The bigger issue here is whether these audits will expose creative accounting. Historically, Formula One teams have always tried to skirt regulations and rules for competitive advantages. This isn’t anything new; it’s just magnified now under the cap. With that said, it also isn’t a secret that budget cap overages could be absorbed into power unit expenses, despite the terms in the Formula One Power Unit Financial Regulations agreement. I think the real deterrent for violating or attempting to push the envelope would be that disqualification for some teams could be fatal.

Taking this one step further, for teams that are car manufacturers like McLaren and Ferrari, they can find creative ways to skirt the cap by consulting with their commercial branch on research and development “ideas” they can apply to their Formula One cars. I’m not saying they do this now, but with inflation rising and the cap shrinking, “audit” or “audited” being mentioned 33 times in the power unit financial regulations means the FIA has teams on notice.

Conversely, Mercedes’ boss Toto Wolff told Sky Sports last week, “It’s weeks and months that they are investigated. Maybe he [Horner] doesn’t speak to his CFO. All of us have been investigated diligently and as far as we understand, there’s a team in a minor breach which is more procedural and another team that is fundamentally, massively over.” Wolff continued to say that the investigation is an “open secret in the paddock.” In a presumed response to Wolff’s comments, Horner said “Perhaps when these accusations are made, people in glass houses shouldn’t throw stones and we take umbrage and extremely serious the remarks that have been made.”
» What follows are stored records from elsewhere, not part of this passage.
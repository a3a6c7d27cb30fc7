-- ===== src/Rdma/Connect/Accept/Joins.antt =====
-- A node that joins server 1.
use sponge_bob.Prelude.{
  ℕ, ◌+◌, ◌^◌, ◌≤◌, ◌<◌, ◌≡◌, refl, ap, sym, subst, ◌∙◌, Bool, true, false, some, List, arith, ltb,
  ℤ, below, ◌⊎◌, inl, inr,
}
use sponge_bob.Result.{Result, ok, fault, ◌>>=◌, bind_ok, out_of_range}
use sponge_bob.Containers.Table
use sponge_bob.Containers.Table.{find-assign}
use sponge_bob.Rdma.Types.{RdmaSocket, PeerSockData, Verbs, qps_max_depth}
use sponge_bob.Rdma.Connect.Types.{ExchangeId, ExchangeMeta, Layout, Net}
use sponge_bob.Rdma.Connect.Exchange.{Locals, local_id, connect_queue_pair}
use sponge_bob.Rdma.Connect.Sync.{data_sync}
use sponge_bob.Rdma.Connect.Exchange.Frame.{connect_queue_pair-given}
use sponge_bob.Rdma.Connect.Accept.{file_peer, receive_in_advance, accept_client}
use sponge_bob.Rdma.Connect.Accept.Numbered.{
  Numbered, Kept, Kept-trans, Kept-weaken, moved_on, filed, taken,
}

module _ {F : Type 0} (verbs : Verbs F) (net : Net F) (ids : Layout ExchangeId)
    (metas : Layout ExchangeMeta) (reads : ℕ) (malloced : F → PeerSockData)
    (locals : F → Locals) where
  -- The network brings identities of nodes that are what they say: where the exchange of the identities
  -- on a socket succeeds, a node that says that it is a server has a server's number.
  pub record Honest (server_count : ℕ) : Type 0 where
    pub at :
        (fd : ℕ) (r : RdmaSocket) (f f' : F) (rc : ℤ) (buffer : List ℕ)
        → data_sync net reads fd ids.size (ids.to_bytes (local_id r)) (locals f).remote_id f
          ≡ ok (rc, buffer, f')
        → below rc 0 ≡ false
        → (ids.of_bytes buffer).is_server ≡ true
        → (ids.of_bytes buffer).node_id ≤ server_count

  -- What comes after the connection: the peer is filed if there is one.
  after_connection :
      (done : Bool) (peer' : PeerSockData) (r1 r' : RdmaSocket) (f1 f' : F) (first_free : ℕ)
      → Numbered r1
      → ((k : ℕ) (p : PeerSockData) → Table.find k r1.peers ≡ some p → k < first_free)
      → first_free ≤ r1.max_node_id
      → (peer'.node_id ≤ r1.server_count)
        ⊎ ((first_free ≤ peer'.node_id) × (peer'.node_id < r1.max_node_id))
      → (elim done as (λ _. Result (RdmaSocket × F)) [
        | true ↦ do
          r'' ← file_peer peer'.node_id peer' r1
          f'' ← receive_in_advance verbs qps_max_depth peer'.node_id r'' f1
          ok (r'', f'')
        | false ↦ ok (r1, f1)
      ])
        ≡ ok (r', f')
      → Kept 0 first_free r1 r'
  after_connection false peer' r1 r' f1 f' first_free h old ff place e =
      let same : r1 ≡ r' = ground (arith, e) in
      subst (Kept 0 first_free r1) same
        (moved_on r1 r1 r1.max_node_id 0 first_free h (omega arith) refl)
  after_connection true peer' r1 r' f1 f' first_free h old ff place e =
      let (r2, run, rest) = bind_ok (file_peer peer'.node_id peer' r1) _ _ e in
      let (f2, _, end) =
        bind_ok (receive_in_advance verbs qps_max_depth peer'.node_id r2 f1) _ _ rest in
      let same : r2 ≡ r' = ground (arith, end) in
      subst (Kept 0 first_free r1) same
        (filed peer'.node_id peer' r1 r2 first_free h run old ff place)

  pub accept_client-Kept :
      (fd : ℕ) (r r' : RdmaSocket) (f f' : F)
      → Numbered r
      → r.max_node_id + 1 < 2 ^ 16
      → Honest r.server_count
      → accept_client verbs net ids metas reads malloced locals fd r f ≡ ok (r', f')
      → Kept 1 r.max_node_id r r'
  unfolding accept_client
  accept_client-Kept fd r r' f f' h b servers e =
      let peer : PeerSockData = record (malloced f) { sock = fd; counter = 0 } in
      let ((done, peer', r1, f1), run, rest) =
        bind_ok (connect_queue_pair net ids metas reads (locals f) peer r f) _ _ e in
      elim (connect_queue_pair-given net ids metas reads (locals f) peer r f done peer' r1 f1 run) [
        | inl (q, d) ↦
            let k0 = moved_on r r1 r.max_node_id 0 r.max_node_id h (omega arith) q in
            let stays : r1 ≡ r' = ground (arith, rest, d) in
            Kept-weaken (omega arith) (
              Kept-trans k0.rising k0 (
                subst (Kept 0 r1.max_node_id r1) stays
                  (moved_on r1 r1 r1.max_node_id 0 r1.max_node_id k0.numbered (omega arith) refl)))
        | inr (rc, buffer, fx, sent, below_zero, q, node) ↦
            elim (taken (ids.of_bytes buffer) peer r h b) [
              | inl (s, t) ↦
                  let k0 = moved_on r r1 r.max_node_id 0 r.max_node_id h (omega arith) (cc) in
                  Kept-weaken (omega arith) (
                    Kept-trans k0.rising k0 (
                      after_connection done peer' r1 r' f1 f' r1.max_node_id k0.numbered
                        k0.numbered.below_next (omega arith)
                        (inl (
                          omega (
                            arith,
                            servers.at fd r f fx rc buffer sent below_zero s,
                            k0.servers,
                            node,
                            ap (λ p. p.0.node_id) t,
                          )))
                        rest))
              | inr t ↦
                  let next : r1 ≡ record r { cq_ptr = r1.cq_ptr; max_node_id = r.max_node_id + 1 } =
                    cc in
                  let up : r1.max_node_id ≡ r.max_node_id + 1 =
                    ap (λ (u : RdmaSocket). u.max_node_id) next in
                  let number : peer'.node_id ≡ r.max_node_id =
                    node ∙ ap (λ (u : PeerSockData × RdmaSocket). u.0.node_id) t in
                  let k1 = moved_on r r1 (r.max_node_id + 1) 1 r.max_node_id h refl next in
                  Kept-weaken (omega arith) (
                    Kept-trans (omega arith) k1 (
                      after_connection done peer' r1 r' f1 f' r.max_node_id k1.numbered
                        (λ k p x.
                          h.below_next k p
                            (ap (λ (u : RdmaSocket). Table.find k u.peers) (sym next) ∙ x))
                        k1.rising (inr (omega (arith, number), omega (arith, number, up))) rest))
            ]
      ]

  -- A client that is given a number from 1000 on, when its connection is set up: the round writes
  -- behind the end of the array of the peers.
  pub accept_client_full :
      (fd : ℕ) (r r1 : RdmaSocket) (f f1 : F) (peer : PeerSockData)
      → connect_queue_pair net ids metas reads
          (locals f)
          (record (malloced f) { sock = fd; counter = 0 })
          r
          f
        ≡ ok (true, peer, r1, f1)
      → 1000 ≤ peer.node_id
      → accept_client verbs net ids metas reads malloced locals fd r f ≡ fault out_of_range
  unfolding accept_client
  accept_client_full fd r r1 f f1 peer e h =
      let t : ltb peer.node_id 1000 ≡ false = ground arith in rw (e, ◌>>=◌) (rw (t, ◌>>=◌) refl)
Since Verstappen joined Red Bull, Horner has been hunting Mercedes. And now that Red Bull is lapping Mercedes in both the Formula One Drivers’ and Constructors’ championships, commentary is going to be more personal. However, I don’t think that’s drama that fans should look too far into. For any teams on the grid, Wolff was correct in saying that “The crucial part is that if you’re over in 2021, you’re over in 2022. That means that you have an advantage into 2023. If it’s true they’ve homologated a lightweight chassis this year, they may use it next year. It’s a real cascade of events that can be influential in all the championships.”

Whichever teams are found to have committed any infractions, advantages for future cars are issues that they’ll have to sort through. Then again, advantages in development are why the cap was put in place to begin with. In any event, unless penalties have teeth and the FIA sends strong messages of deterrence, they’ll be immaterial and teams will continue to creatively circumvent or outright ignore breach rules.

This is still an ongoing investigation, so please be mindful of that, and that teams deserve the opportunity to respond to and appeal the penalties.